The result is a historic milestone that has gone strangely ignored: For the first time ever, more poor Americans live in the suburbs than in all our cities combined.

One reason this shift may not have sunk into public consciousness is that for as long as suburbs have existed, Americans have tended to envision them as pristine sanctuaries where people go to escape brushing shoulders with the poor. The most familiar historical example -- much lamented by a generation of progressives who came to associate the migration to suburbs with racial backlash and urban decline -- is the mass exodus of middle-class white ethnics from the nation's central cities, which accelerated in the wake of the riots and social unrest of the 1960s. In more recent years, it's often assumed, the forces fueling the growth of suburbs have only made things worse -- the social landscape more segregated, the sprawl more extreme, the gap increasingly vast between people who rarely set foot in cities and those who rarely leave them.
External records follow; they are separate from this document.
-- ===== src/Cluster/Backups.antt =====
-- The proposal to the backups, their repair and the refresh of the cache leave every PRIME slot of
-- every node alone (src/cluster.c).
use tee_dist.Base.{ℕ, zero, suc, ◌+◌, ◌<◌, ◌≢◌, arith, List, [], ◌∷◌}
use tee_dist.Region.{Slot, RegionKind, prime, cache, backup, kind_slot_count}
use tee_dist.Region.Codec.{SlotFits}
use tee_dist.Cluster.Monad.{Cluster, session_header, session_count, pure, ◌>>=◌, attempt}
use tee_dist.Cluster.Probe.{probe_slot}
use tee_dist.Cluster.Commit.{
  primary_session, replica_session, refresh_candidate, refresh_cache, commit_slot_at,
}
use tee_dist.Cluster.Votes.{Vote}
use tee_dist.Cluster.Write.{observed_after, propose, repair_candidate, repair_one, repair}
use tee_dist.Cluster.Local.{local}
use tee_dist.Cluster.Quiet.{
  Quiet, bind-Quiet, pure-Quiet, fail-Quiet, attempt-Quiet, if-Quiet, commit-Quiet, probe-Quiet,
  attempt_probe-Quiet,
}

pub primary-lt :
    (c : Cluster) (key_hash : ℕ)
    → 0 < session_count c
    → primary_session c key_hash < session_count c
unfolding primary_session
primary-lt c key_hash pos = omega arith

pub replica-lt :
    (c : Cluster) (key_hash ordinal : ℕ)
    → 0 < session_count c
    → replica_session c key_hash ordinal < session_count c
unfolding replica_session
replica-lt c key_hash ordinal pos = omega arith

backup≢prime : backup ≢ prime
backup≢prime = λ e. cc

cache≢prime : cache ≢ prime
cache≢prime = λ e. cc

module _ (c : Cluster) (pos : 0 < session_count c) (key_hash : ℕ) (s : Slot)
    (fits : SlotFits s) where
  -- Proposing to the backups changes no PRIME slot, whatever comes of it.
  pub propose-Quiet :
      (n idx observed : ℕ) → Quiet c prime (propose local c key_hash s n idx observed)
  unfolding propose
  propose-Quiet zero idx observed = pure-Quiet c prime []
  propose-Quiet (suc n) idx observed =
      let session = replica_session c key_hash (idx + 1) in
      let there = replica-lt c key_hash (idx + 1) pos in
      probe-Quiet c prime session there backup key_hash _ (λ p lt.
        if-Quiet c prime _ _ _ (fail-Quiet c prime _) (
          bind-Quiet c prime _ _
            (attempt-Quiet c prime _ (
              commit-Quiet c prime session backup p.candidate_index s _ backup≢prime there lt fits))
            (λ result.
              bind-Quiet c prime _ _ (propose-Quiet n (idx + 1) (observed_after result observed))
                (λ votes. pure-Quiet c prime _))))

  module _ (session : ℕ) (there : session < session_count c) where
    -- A commit whose result is ignored.
    commit_ignored-Quiet :
        (target : RegionKind) (i compare : ℕ)
        → target ≢ prime
        → i < kind_slot_count (session_header c session) target
        → Quiet c prime
            (attempt (commit_slot_at local c session target i s compare) >>= λ _. pure tt)
    commit_ignored-Quiet target i compare ne lt =
        bind-Quiet c prime _ _
          (attempt-Quiet c prime _
            (commit-Quiet c prime session target i s compare ne there lt fits))
          (λ _. pure-Quiet c prime tt)

    repair_probed-Quiet : Quiet c prime (
        attempt (probe_slot local c session backup key_hash) >>= repair_candidate local c session s)
    unfolding repair_candidate
    repair_probed-Quiet =
        attempt_probe-Quiet c prime session there backup key_hash _ (pure-Quiet c prime tt) (λ p lt.
          if-Quiet c prime _ _ _ (pure-Quiet c prime tt)
            (commit_ignored-Quiet backup p.candidate_index _ backup≢prime lt))

    refresh_probed-Quiet : Quiet c prime (
        attempt (probe_slot local c session cache key_hash) >>= refresh_candidate local c session s)
    unfolding refresh_candidate
    refresh_probed-Quiet =
        attempt_probe-Quiet c prime session there cache key_hash _ (pure-Quiet c prime tt) (λ p lt.
          if-Quiet c prime _ _ _ (pure-Quiet c prime tt)
            (commit_ignored-Quiet cache p.candidate_index _ cache≢prime lt))

  -- Repairing the backups changes no PRIME slot.
  pub repair-Quiet :
      (votes : List Vote) (idx : ℕ) → Quiet c prime (repair local c key_hash s votes idx)
  unfolding repair repair_one
  repair-Quiet [] idx = pure-Quiet c prime tt
  repair-Quiet (v ∷ votes) idx =
      bind-Quiet c prime _ _
        (if-Quiet c prime _ _ _ (pure-Quiet c prime tt) (
          repair_probed-Quiet (replica_session c key_hash (idx + 1))
            (replica-lt c key_hash (idx + 1) pos)))
        (λ _. repair-Quiet votes (idx + 1))

  -- Refreshing the cache changes no PRIME slot.
  pub refresh-Quiet : Quiet c prime (refresh_cache local c key_hash s)
  unfolding refresh_cache
  refresh-Quiet =
      if-Quiet c prime _ _ _ (pure-Quiet c prime tt)
        (refresh_probed-Quiet (primary_session c key_hash) (primary-lt c key_hash pos))
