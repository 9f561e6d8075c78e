-- ===== src/Cluster/Probe/Rewrite.antt =====
-- A probe after the key's slot was written at the candidate of an earlier probe.
use tee_dist.Base.{
  ℕ, zero, suc, ◌+◌, add64, ◌%◌, ◌==◌, if◌then◌else◌, ◌≡◌, ◌≢◌, inl, inr, refl, sym, ap, ◌∙◌, arith,
  true, Bool-cases,
}
use native.Mathlib.Decide.{ℕ_discrete}
use tee_dist.Region.{Slot, RegionKind}
use tee_dist.Cluster.Monad.{ok}
use tee_dist.Cluster.Probe.{Probe, no_probe, note_candidate, found_probe, stop, probe_step}
use tee_dist.Cluster.Probe.Step.{matches_key, hit, empty, tombstone, pass, probe_step-StepView}
use tee_dist.Cluster.Probe.Scan.{scan, scan_all}

-- The slots after slot `at` became `s`.
abbrev pub replaced : (ℕ → Slot) → ℕ → Slot → ℕ → Slot
replaced f place s i = if i == place then s else f i

module _ (key_hash : ℕ) (f : ℕ → Slot) (s : Slot) (m : matches_key key_hash s ≡ true) where
  -- The slot that was written ends the loop.
  step_hit : (i : ℕ) (p : Probe) → probe_step key_hash s i p ≡ stop (found_probe s i)
  step_hit i p = elim (probe_step-StepView key_hash s i p) [
    | hit own r ↦ r
    | empty other _ _ r ↦ cc
    | tombstone other _ _ r ↦ cc
    | pass other _ _ r ↦ cc
  ]

  found_probe-index : (x : Slot) (i : ℕ) → (found_probe x i).candidate_index ≡ i
  unfolding found_probe
  found_probe-index x i = refl

  -- The candidate of `p` is not `place`.
  abbrev Elsewhere : ℕ → Probe → Type 0
  Elsewhere place p = p.candidate_valid ≡ true → p.candidate_index ≢ place

  note_candidate-Elsewhere :
      (place i : ℕ) (x : Slot) (p : Probe)
      → i ≢ place
      → Elsewhere place p
      → Elsewhere place (note_candidate p x i)
  unfolding note_candidate
  note_candidate-Elsewhere place i x p ne v valid = elim (Bool-cases p.candidate_valid) [
    | inl old ↦ ground (arith, v old)
    | inr new ↦ ground arith
  ]

  note_candidate-valid :
      (x : Slot) (i : ℕ) (p : Probe) → (note_candidate p x i).candidate_valid ≡ true
  unfolding note_candidate
  note_candidate-valid x i p = ground arith

  scan-replaced :
      (kind : RegionKind) (home count n idx : ℕ) (p q : Probe)
      → Elsewhere q.candidate_index p
      → scan kind key_hash f home count n idx p ≡ ok q
      → scan kind key_hash (replaced f q.candidate_index s) home count n idx p
        ≡ ok (found_probe s q.candidate_index)
  unfolding scan
  scan-replaced kind home count zero idx p q v e = elim (Bool-cases p.candidate_valid) [
    | inr full ↦ ground arith
    | inl has ↦ let same : p ≡ q = ground arith in absurd (v has (ap (λ r. r.candidate_index) same))
  ]
  scan-replaced kind home count (suc n) idx p q v e =
      let i = add64 home idx % count in
      elim (ℕ_discrete i q.candidate_index) [
        | yes here ↦ ground (arith, step_hit i p)
        | no other ↦ elim (probe_step-StepView key_hash (f i) i p) [
          | hit own r ↦
              let same : found_probe (f i) i ≡ q = ground arith in
              absurd (other (sym (found_probe-index (f i) i) ∙ ap (λ r. r.candidate_index) same))
          | empty foreign _ _ r ↦
              let same : note_candidate p (f i) i ≡ q = ground arith in
              absurd (
                note_candidate-Elsewhere q.candidate_index i (f i) p other v
                  (note_candidate-valid (f i) i p) (ap (λ r. r.candidate_index) same))
          | tombstone foreign _ _ r ↦ ground (
            arith,
            scan-replaced kind home count n (idx + 1) (note_candidate p (f i) i) q
                (note_candidate-Elsewhere q.candidate_index i (f i) p other v),
          )
          | pass foreign _ _ r ↦ ground (arith, scan-replaced kind home count n (idx + 1) p q v)
        ]
      ]

  -- Once a matching slot is written at the candidate of a probe, the same probe finds it there.
  pub scan_all-replaced :
      (kind : RegionKind) (home count : ℕ) (q : Probe)
      → scan_all kind key_hash f home count ≡ ok q
      → scan_all kind key_hash (replaced f q.candidate_index s) home count
        ≡ ok (found_probe s q.candidate_index)
  unfolding scan_all
  scan_all-replaced kind home count q e = elim (ℕ_discrete count 0) [
    | yes none_there ↦ ground arith
    | no some_there ↦ ground (arith, scan-replaced kind home count count 0 no_probe q (λ h. cc))
  ]
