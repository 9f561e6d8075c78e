-- ===== src/Cluster/Candidate.antt =====
-- A probe, a commit to its candidate, and the next probe of the same key (src/cluster.c).
use tee_dist.Base.{ℕ, ◌<◌, ◌≡◌, sym, ap, ◌∙◌, arith, true}
use native.Mathlib.Decide.{ℕ_discrete}
use tee_dist.Region.{Slot, RegionKind, kind_slot_count, slot_index}
use tee_dist.Region.Codec.{SlotFits}
use tee_dist.Region.Access.{swapped}
use tee_dist.Cluster.Monad.{Cluster, Result, ok, session_header, session_count}
use tee_dist.Cluster.Probe.{Probe, found_probe, probe_slot}
use tee_dist.Cluster.Probe.Step.{matches_key}
use tee_dist.Cluster.Probe.Scan.{probe_slot-scan}
use tee_dist.Cluster.Probe.Found.{IsProbed, own, fresh, scan_all-IsProbed}
use tee_dist.Cluster.Probe.Rewrite.{replaced, scan_all-replaced}
use tee_dist.Cluster.Commit.{commit_slot_at}
use tee_dist.Cluster.Local.{World, local, WorldFits, view}
use tee_dist.Cluster.Commits.{fetch_slot_at-view, Committed, commit_slot_at-Committed}
use tee_dist.Cluster.Quiet.{Keeps, probe_slot-view, probe_index}

module _ (c : Cluster) (session : ℕ) (there : session < session_count c) (kind : RegionKind)
    (key_hash : ℕ) where
  -- A probe of a world that keeps the kind's slots returns the same.
  pub probe-Keeps :
      (w w' : World) (x : Result Probe)
      → WorldFits c w
      → Keeps c kind w w'
      → probe_slot local c session kind key_hash w ≡ (x, w)
      → probe_slot local c session kind key_hash w' ≡ (x, w')
  probe-Keeps w w' x fits k e =
      let first = probe_slot-view c w session kind key_hash fits there in
      let again =
        probe_slot-scan local c session kind (view c w session kind) w'
          (λ i lt.
            fetch_slot_at-view c w' k.fits session there kind i lt
            ∙ ap (λ s. (ok s, w')) (k.same session i lt))
          key_hash in
      again ∙ ap (λ r. (r.0, w')) (sym first ∙ e)

  -- On a world that fits, the candidate of a probe that succeeds is a slot of the kind: the key's own
  -- slot, which the probe then reports as found, or a tombstone or empty slot of no other live key,
  -- and then nothing is reported as found.
  pub probe-IsProbed :
      (w : World) (q : Probe)
      → WorldFits c w
      → probe_slot local c session kind key_hash w ≡ (ok q, w)
      → IsProbed key_hash
          (view c w session kind)
          (kind_slot_count (session_header c session) kind)
          q
  probe-IsProbed w q fits e =
      let first = probe_slot-view c w session kind key_hash fits there in
      scan_all-IsProbed key_hash (view c w session kind) _ kind _ q (ap (λ r. r.0) (sym first ∙ e))

  candidate_read :
      (f : ℕ → Slot) (count : ℕ) (q : Probe)
      → IsProbed key_hash f count q
      → q.candidate_slot ≡ f q.candidate_index
  candidate_read f count q (own _ _ hit) =
      hit.candidate_read ∙ hit.read ∙ ap f (sym hit.candidate_at)
  candidate_read f count q (fresh _ _ free) = free.read

  pub candidate_is_valid :
      (f : ℕ → Slot) (count : ℕ) (q : Probe)
      → IsProbed key_hash f count q
      → q.candidate_valid ≡ true
  candidate_is_valid f count q (own _ valid hit) = valid
  candidate_is_valid f count q (fresh _ valid free) = valid

  -- With no other client in between, a commit to the candidate of a probe finds the epoch that the
  -- probe saw. It stores the slot, and the next probe of the key finds it there.
  pub commit_candidate :
      (w : World) (q : Probe) (s : Slot)
      → WorldFits c w
      → probe_slot local c session kind key_hash w ≡ (ok q, w)
      → SlotFits s
      → s.guard_epoch ≡ s.visible_epoch
      → matches_key key_hash s ≡ true
      → (w' : World) × (commit_slot_at local c session kind q.candidate_index s
            q.candidate_slot.guard_epoch w
          ≡ (ok q.candidate_slot.guard_epoch, w'))
        × Committed c w w' session kind q.candidate_index s q.candidate_slot.guard_epoch
        × (view c w' session kind q.candidate_index ≡ s)
        × (probe_slot local c session kind key_hash w' ≡ (ok (found_probe s q.candidate_index), w'))
  commit_candidate w q s fits e sf whole matches =
      let h = session_header c session in
      let count = kind_slot_count h kind in
      let f = view c w session kind in
      let i = q.candidate_index in
      let compare = q.candidate_slot.guard_epoch in
      let probed = probe-IsProbed w q fits e in
      let lt = probe_index key_hash f count q probed in
      let (w', run, done) =
        commit_slot_at-Committed c w session kind i s compare fits there lt sf in
      let seen : (f i).guard_epoch ≡ compare =
        ap (λ x. x.guard_epoch) (sym (candidate_read f count q probed)) in
      let guard : swapped (f i).guard_epoch compare s.visible_epoch ≡ s.guard_epoch =
        ground arith in
      let stored = done.stored ∙ ap (λ g. record s { guard_epoch = g }) guard in
      let scanned =
        ap (λ r. r.0) (sym (probe_slot-view c w session kind key_hash fits there) ∙ e) in
      let reads = λ (j : ℕ) (lj : j < count).
        fetch_slot_at-view c w' done.fits session there kind j lj
        ∙ ap (λ x. (ok x, w')) (after w' j lj done stored) in
      (
        w',
        run ∙ ap (λ g. (ok g, w')) seen,
        done,
        stored,
        probe_slot-scan local c session kind (replaced f i s) w' reads key_hash
            ∙ ap (λ x. (x, w'))
                (scan_all-replaced key_hash f s matches kind (slot_index h kind key_hash) count q
                  scanned),
      )
    where
      after :
          (w' : World) (j : ℕ)
          → j < kind_slot_count (session_header c session) kind
          → Committed c w w' session kind q.candidate_index s q.candidate_slot.guard_epoch
          → view c w' session kind q.candidate_index ≡ s
          → view c w' session kind j ≡ replaced (view c w session kind) q.candidate_index s j
      after w' j lj done stored = elim (ℕ_discrete j q.candidate_index) [
        | yes here ↦ ground (arith, ap (view c w' session kind) here)
        | no other ↦ let kept = done.kept kind j lj (λ e. other (omega arith)) in ground arith
      ]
In fact, however, the gentrification of many urban neighborhoods, from Brooklyn to San Francisco to Washington, has forced many working-class residents out. In a reversal of the classic migration story, many of these displaced residents have fled to the suburbs, lured in part by the growing pool of mostly low-wage jobs there -- cleaning homes, mowing lawns, staffing restaurants, strip malls and office plazas. Alan Berube, co-author of the Brookings Institution study, says the "decentralization of low-wage employment" is one of the main factors driving suburban poverty rates up.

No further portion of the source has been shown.